# Root IMM76K? VZW.



## DeathGrind (Jun 30, 2011)

Hello all. My brothers girlfriend just upgraded to her first smartphone. I suggested she get the galaxy nexus. Before I even saw her phone she said when she walked out of the store she was asked to update. So she did. I checked her information out and she is indeed on android 4.0.4 IMM76K. 
Is the rooting procedure still the same? Could someone please help and inform me of what is the best way to root her phone.

Thank you for looking 

Sent from my ADR6400L using Tapatalk 2


----------



## yarly (Jun 22, 2011)

You root/unlock all Nexus phones the same manner. See the pinned topics for information.


----------



## DeathGrind (Jun 30, 2011)

Thank you for the information.

Has anyone tried this program to root?

http://m.cnet.com/news/how-to-easily-root-your-galaxy-nexus/57352473?ds=1 
Sent from my ADR6400L using Tapatalk 2


----------



## TheNeighbor (Nov 4, 2011)

DeathGrind said:


> Thank you for the information.
> 
> Has anyone tried this program to root?
> 
> ...


I haven't but I'm sure it works. Try it out and let us know.

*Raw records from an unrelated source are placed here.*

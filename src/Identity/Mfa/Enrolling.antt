-- ===== src/Identity/Mfa/Enrolling.antt =====
-- Enrolment, activation and new challenges: what they keep, and what an activation uses up.
use sentriqora.Base.{
  ℕ, suc, ◌≤◌, ◌<◌, ◌≡◌, refl, ap, ◌∙◌, subst, false, ◌==◌, ==→eq, [], ◌∷◌, ◌++◌, any, All-append,
  All-map, any-append, any-update_where, find_first, find_first-All, find_first-none,
  update_where-All, count_where, count_where-none, one_if-le, any-count_where, count_where-append,
  count_where-update_where-le, arith, Bool-cases, Option-cases, inl, inr,
}
use sentriqora.Identity.Store.{MfaChallenge, Accounts}
use sentriqora.Identity.Mfa.{
  renew, save_mfa_enrollment, upsert_method, Enrollment, is_method_of, is_open_challenge,
  is_verified_method, new_method, create_mfa_challenge,
}
use sentriqora.Identity.Mfa.Rows.{HasReached, IsReached, Keeps, methods-Keeps, new_challenge-Keeps}
use sentriqora.Identity.Mfa.Operations.{IsConsistent}
use sentriqora.Identity.Mfa.Completing.{IsKeeping, IsKeeping-trans, self-IsKeeping, event-IsKeeping}

-- A challenge whose id is the next one.
new_challenge-IsConsistent :
    (s : Accounts) (c : MfaChallenge)
    → c.id ≡ s.next_id
    → IsConsistent s
    → IsConsistent
        (record s { mfa_challenges = s.mfa_challenges ++ c ∷ []; next_id = suc s.next_id })
new_challenge-IsConsistent s c fresh k = record {
  one_method = k.one_method;
  one_open = one_more;
  bounded =
      All-append (λ d. d.id < suc s.next_id) s.mfa_challenges (c ∷ [])
        (All-map (λ d. d.id < s.next_id) (λ d. d.id < suc s.next_id) s.mfa_challenges
          (λ d h. omega (arith, h)) k.bounded)
        (omega (arith, fresh), tt);
}
  where
    one_more : (id : ℕ) → count_where (is_open_challenge id) (s.mfa_challenges ++ c ∷ []) ≤ 1
    one_more id =
        let counted = count_where-append (is_open_challenge id) s.mfa_challenges c in
        elim (Bool-cases (c.id == id)) [
          | inl same ↦
              (let empty : count_where (is_open_challenge id) s.mfa_challenges ≡ 0 =
                  count_where-none (is_open_challenge id) s.mfa_challenges (
                    All-map (λ d. d.id < s.next_id) (λ d. is_open_challenge id d ≡ false)
                      s.mfa_challenges (λ d h. ground (arith, h, same, fresh)) k.bounded) in
                omega (arith, empty, counted, one_if-le (is_open_challenge id c)))
          | inr other ↦ omega (arith, k.one_open id, rw other at counted)
        ]

pub challenge-IsKeeping :
    (organization user expires : ℕ) (s : Accounts)
    → IsKeeping s (create_mfa_challenge organization user expires s).1
unfolding create_mfa_challenge
challenge-IsKeeping organization user expires s =
    (new_challenge-Keeps s _ refl, new_challenge-IsConsistent s _ refl)

-- An enrolment that nobody comes between leaves a verified method as it is.
module _ (i : Enrollment) (s : Accounts)
    (unverified : is_verified_method (find_first (is_method_of i.user_id) s.mfa_methods)
      ≡ false) where
  other_user : (user counter : ℕ) → IsReached s user counter → (i.user_id == user) ≡ false
  other_user user counter k = elim (Bool-cases (i.user_id == user)) [
    | inr other ↦ other
    | inl same ↦ elim (Option-cases (find_first (is_method_of i.user_id) s.mfa_methods)) [
      | inl missing ↦ absurd (
          ground (
            arith,
            k.present,
            same,
            ap (λ u. any (is_method_of u) s.mfa_methods) (==→eq i.user_id user same),
            find_first-none (is_method_of i.user_id) s.mfa_methods missing,
          ))
      | inr (m, found) ↦
          (let (reached, mine) =
              find_first-All (HasReached user counter) (is_method_of i.user_id) s.mfa_methods k.rows
                found in
            absurd (ground (arith, rw found at unverified, reached (ground (arith, mine, same)))))
    ]
  ]

  upsert-Keeps : Keeps s (upsert_method i s)
  unfolding upsert_method
  upsert-Keeps = elim (Bool-cases (any (is_method_of i.user_id) s.mfa_methods)) [
    | inl there ↦ rw there (
        methods-Keeps s _ λ user counter k. record {
          present =
              any-update_where (is_method_of user) (is_method_of i.user_id) (renew i) s.mfa_methods
                (λ m _. refl)
              ∙ k.present;
          rows =
              update_where-All (HasReached user counter) (HasReached user counter)
                (is_method_of i.user_id) (renew i) s.mfa_methods
                (λ m hit h mine. absurd (ground (arith, hit, mine, other_user user counter k)))
                (λ m h. h) k.rows;
        })
    | inr missing ↦ rw missing (
        methods-Keeps s _ λ user counter k. record {
          present = any-append (is_method_of user) s.mfa_methods _ k.present;
          rows =
              All-append (HasReached user counter) s.mfa_methods _ k.rows
                (λ mine. absurd (ground (arith, mine, other_user user counter k)), tt);
        })
  ]

  upsert-IsConsistent : IsConsistent s → IsConsistent (upsert_method i s)
  unfolding upsert_method
  upsert-IsConsistent k = elim (Bool-cases (any (is_method_of i.user_id) s.mfa_methods)) [
    | inl there ↦ rw there (record {
      one_method = λ user. omega (
        arith,
        k.one_method user,
        count_where-update_where-le (is_method_of user) (is_method_of i.user_id) (renew i)
            s.mfa_methods (λ m h. h),
      );
      one_open = k.one_open;
      bounded = k.bounded;
    })
    | inr missing ↦ rw missing (record {
      one_method = λ user. one_more missing user;
      one_open = k.one_open;
      bounded = k.bounded;
    })
  ]
    where
      one_more :
          any (is_method_of i.user_id) s.mfa_methods ≡ false
          → (user : ℕ) → count_where (is_method_of user) (s.mfa_methods ++ new_method i ∷ []) ≤ 1
      one_more missing user =
          let counted = count_where-append (is_method_of user) s.mfa_methods (new_method i) in
          elim (Bool-cases (i.user_id == user)) [
            | inr other ↦ omega (arith, rw other at counted, k.one_method user)
            | inl same ↦
                (let empty =
                    subst (λ u. count_where (is_method_of u) s.mfa_methods ≡ 0)
                      (==→eq i.user_id user same)
                      (any-count_where (is_method_of i.user_id) s.mfa_methods missing) in
                  omega (arith, counted, empty, one_if-le _))
          ]

pub enroll-IsKeeping : (i : Enrollment) (s : Accounts) → IsKeeping s (save_mfa_enrollment i s s).1
unfolding save_mfa_enrollment
enroll-IsKeeping i s =
    elim (Bool-cases (is_verified_method (find_first (is_method_of i.user_id) s.mfa_methods))) [
      | inl verified ↦ rw verified (self-IsKeeping s)
      | inr unverified ↦ rw unverified (
          IsKeeping-trans s (upsert_method i s) _
            (upsert-Keeps i s unverified, upsert-IsConsistent i s unverified)
            (event-IsKeeping (upsert_method i s) _))
    ]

Sent from my Galaxy Nexus using Tapatalk 2


----------



## yarly (Jun 22, 2011)

You really don't need some program, just use fastboot. Apps lead to trouble (and they're basically just doing the below anyways) and the Nexus unlock/root process is as easy as it gets short of enteringthe konami code for webos devices.

1) Get the platform tools part of the android sdk that includes fastboot and also the usb drivers and open up the terminal on your computer and go to the directory fastboot is in. Then stick whatever you wish to flash with fastboot in that directory.

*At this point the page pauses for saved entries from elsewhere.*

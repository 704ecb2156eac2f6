-- ===== src/Identity/Mfa/Histories.antt =====
-- Histories of second factors: the operations of the repository, in the order of their writes. A
-- completion may have read any earlier state; no enrolment is raced by an activation. The log has the
-- newest event first.
use sentriqora.Base.{
  ℕ, ◌≡◌, Bool, true, false, not, ◌==◌, ◌&&◌, Option, some, List, [], ◌∷◌, Memᴰ, ok, any, leb,
}
use sentriqora.Identity.Store.{Accounts}
use sentriqora.Identity.Mfa.{
  Completion, Enrollment, create_mfa_challenge, consume_mfa_challenge, save_mfa_enrollment,
  activate_mfa,
}
use sentriqora.Identity.Mfa.Rows.{IsSame}
use sentriqora.Identity.Mfa.Factors.{Factor, totp, recovery, factor_of}

pub data Event : Type 0 where
  -- consumeMfaChallenge answers true
  completed : (challenge user : ℕ) → Option Factor → Event
  -- activateMfa answers true
  activated : (user counter : ℕ) → Event

pub data History : List Accounts → List Event → Accounts → Type 0 where
  start : (s : Accounts) → s.mfa_methods ≡ [] → s.mfa_challenges ≡ [] → History (s ∷ []) [] s
  challenges :
      {past : List Accounts} {log : List Event} {s : Accounts} (organization user expires : ℕ)
      → History past log s
      → History
          ((create_mfa_challenge organization user expires s).1 ∷ past)
          log
          (create_mfa_challenge organization user expires s).1
  completes :
      {past : List Accounts} {log : List Event} {s : Accounts} (now : ℕ) (i : Completion)
      (seen s' : Accounts)
      → History past log s
      → Memᴰ seen past
      → consume_mfa_challenge now i seen s ≡ (true, s')
      → History (s' ∷ past) (completed i.challenge_id i.user_id (factor_of i) ∷ log) s'
  fails :
      {past : List Accounts} {log : List Event} {s : Accounts} (now : ℕ) (i : Completion)
      (seen s' : Accounts)
      → History past log s
      → Memᴰ seen past
      → consume_mfa_challenge now i seen s ≡ (false, s')
      → History (s' ∷ past) log s'
  enrolls :
      {past : List Accounts} {log : List Event} {s : Accounts} (i : Enrollment)
      → History past log s
      → History ((save_mfa_enrollment i s s).1 ∷ past) log (save_mfa_enrollment i s s).1
  activates :
      {past : List Accounts} {log : List Event} {s : Accounts} (now organization user : ℕ)
      (hashes : List ℕ) (counter : ℕ) (s' : Accounts)
      → History past log s
      → activate_mfa now organization user hashes counter s ≡ (ok true, s')
      → History (s' ∷ past) (activated user counter ∷ log) s'
  -- any change of the other tables
  changes :
      {past : List Accounts} {log : List Event} {s : Accounts} (s' : Accounts)
      → History past log s
      → IsSame s s'
      → History (s' ∷ past) log s'

abbrev pub answers : (challenge : ℕ) → Event → Bool
answers challenge (completed c u f) = c == challenge
answers challenge _ = false

abbrev pub uses_code : (user hash : ℕ) → Event → Bool
uses_code user hash (completed c u (some (recovery h))) = u == user && h == hash
uses_code user hash _ = false

-- The user's TOTP code of the counter, or of a later one, was accepted.
abbrev pub reaches : (user counter : ℕ) → Event → Bool
reaches user counter (completed c u (some (totp n))) = u == user && leb counter n
reaches user counter (activated u n) = u == user && leb counter n
reaches user counter _ = false

-- The user's TOTP code is accepted although one of its counter or of a later one was.
abbrev pub replays : (user : ℕ) → List Event → Event → Bool
replays user log (completed c u (some (totp n))) = u == user && any (reaches user n) log
replays user log (activated u n) = u == user && any (reaches user n) log
replays user log _ = false

unfoldable pub is_increasing : (user : ℕ) → List Event → Bool
is_increasing user [] = true
is_increasing user (e ∷ log) = is_increasing user log && not (replays user log e)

1a) Enter the following command on the terminal to unlock the bootloader:

*fastboot oem unlock*

2) then flash some recovery version (either clockwork recovery or team win recovery) in fastboot

*fastboot flash recovery name-of-recovery-image.img*

3) reboot to recovery

4) flash superuser zip in recovery or some ROM of your choice

done (links to most of that are in the pinned verizon topic in the forum)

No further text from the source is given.